The participants followed ADF for four weeks, during which they recorded their fasting days in journals and had their glucose levels tested to ensure that they followed the restrictions properly. 

At the end of the four weeks, the researchers learned that ADF was successful in helping participants shed body fat while providing several other health benefits, including lower cholesterol levels and less belly fat. 

“We found that on average, during the 12 hours when they could eat normally, the participants in the ADF group compensated for some of the calories lost from the fasting, but not all,” said researcher Harald Sourij. “Overall, they reached a mean calorie restriction of about 35 percent and lost an average of 3.5 kg [7.7 lb] during four weeks of ADF.” 

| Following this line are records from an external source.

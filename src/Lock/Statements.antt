-- ===== src/Lock/Statements.antt =====
-- internal/infrastructure/persistence/sqlite/run_lock_repository_impl.go: the other statements on the
-- row of a run lock. Failures of the database are left out, and Extend, which reads and then writes, is
-- not interrupted.
use deespec.Base.{ℕ, ◌+◌, Option, none, some, Result, ok, err, ltb, if◌then◌else◌}
use deespec.Lock.RunLock.{RunLock}

pub data LockError : Type 0 where
  lock_missing : LockError

unfoldable pub release_row : Option RunLock → Result LockError (Option RunLock)
release_row none = err lock_missing
release_row (some row) = ok none

unfoldable pub update_heartbeat_row : Option RunLock → ℕ → Result LockError (Option RunLock)
update_heartbeat_row none now = err lock_missing
update_heartbeat_row (some row) now = ok (some (record row { heartbeat_at = now }))

unfoldable pub extend_row : Option RunLock → ℕ → Result LockError (Option RunLock)
extend_row none duration = err lock_missing
extend_row (some row) duration = ok (some (record row { expires_at = row.expires_at + duration }))

-- The row after the clean-up, and the number of rows deleted.
unfoldable pub cleanup_expired : Option RunLock → ℕ → Option RunLock × ℕ
cleanup_expired none now = (none, 0)
cleanup_expired (some row) now = if ltb row.expires_at now then (none, 1) else (some row, 0)
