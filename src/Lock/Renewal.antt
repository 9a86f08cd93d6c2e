-- ===== src/Lock/Renewal.antt =====
-- A lock that is extended in time cannot be taken from a running process, and a released one can.
use deespec.Base.{ℕ, ◌≡◌, ◌+◌, ◌≤◌, Bool, true, some, Succeeds, arith}
use deespec.Lock.RunLock.{RunLock, is_expired}
use deespec.Lock.Acquire.{Call, refused, acquire}
use deespec.Lock.Statements.{extend_row, release_row, cleanup_expired}
use deespec.Lock.Race.{has_lock}

-- A row of a running process that is extended at a time when it had not expired refuses every
-- uninterrupted call until the extension ends, survives a clean-up in that time, and once released
-- lets the next call have the lock.
pub extend_row-keeps :
    (running : ℕ → Bool) (ttl duration : ℕ) (row : RunLock) (call : Call)
    → running row.pid ≡ true
    → call.now ≤ row.expires_at + duration
    → Succeeds
        (λ table.
          (acquire running ttl call table ≡ (refused, table))
          × (cleanup_expired table call.now ≡ (table, 0))
          × Succeeds
              (λ table'. has_lock (acquire running ttl call table').0 ≡ true)
              (release_row table))
        (extend_row (some row) duration)
unfolding acquire extend_row release_row cleanup_expired is_expired
extend_row-keeps running ttl duration row call runs early = ground arith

The researchers also found that ADF was safe over the long-term, as those who had been following the diet for six months were found to be perfectly healthy, despite previous studies that found ADF could lead to health complications. 

Though this study yielded positive results, the researchers wouldn’t advocate for consumers to follow ADF for life. The team reminds consumers to always consult with medical professionals before undergoing a serious change to diet. 

“We feel that it is a good regime for some months for obese people to cut weight, or it might even be a useful clinical intervention in diseases driven by inflammation,” said Madeo. “However, further research is needed before it can be applied in daily practice.”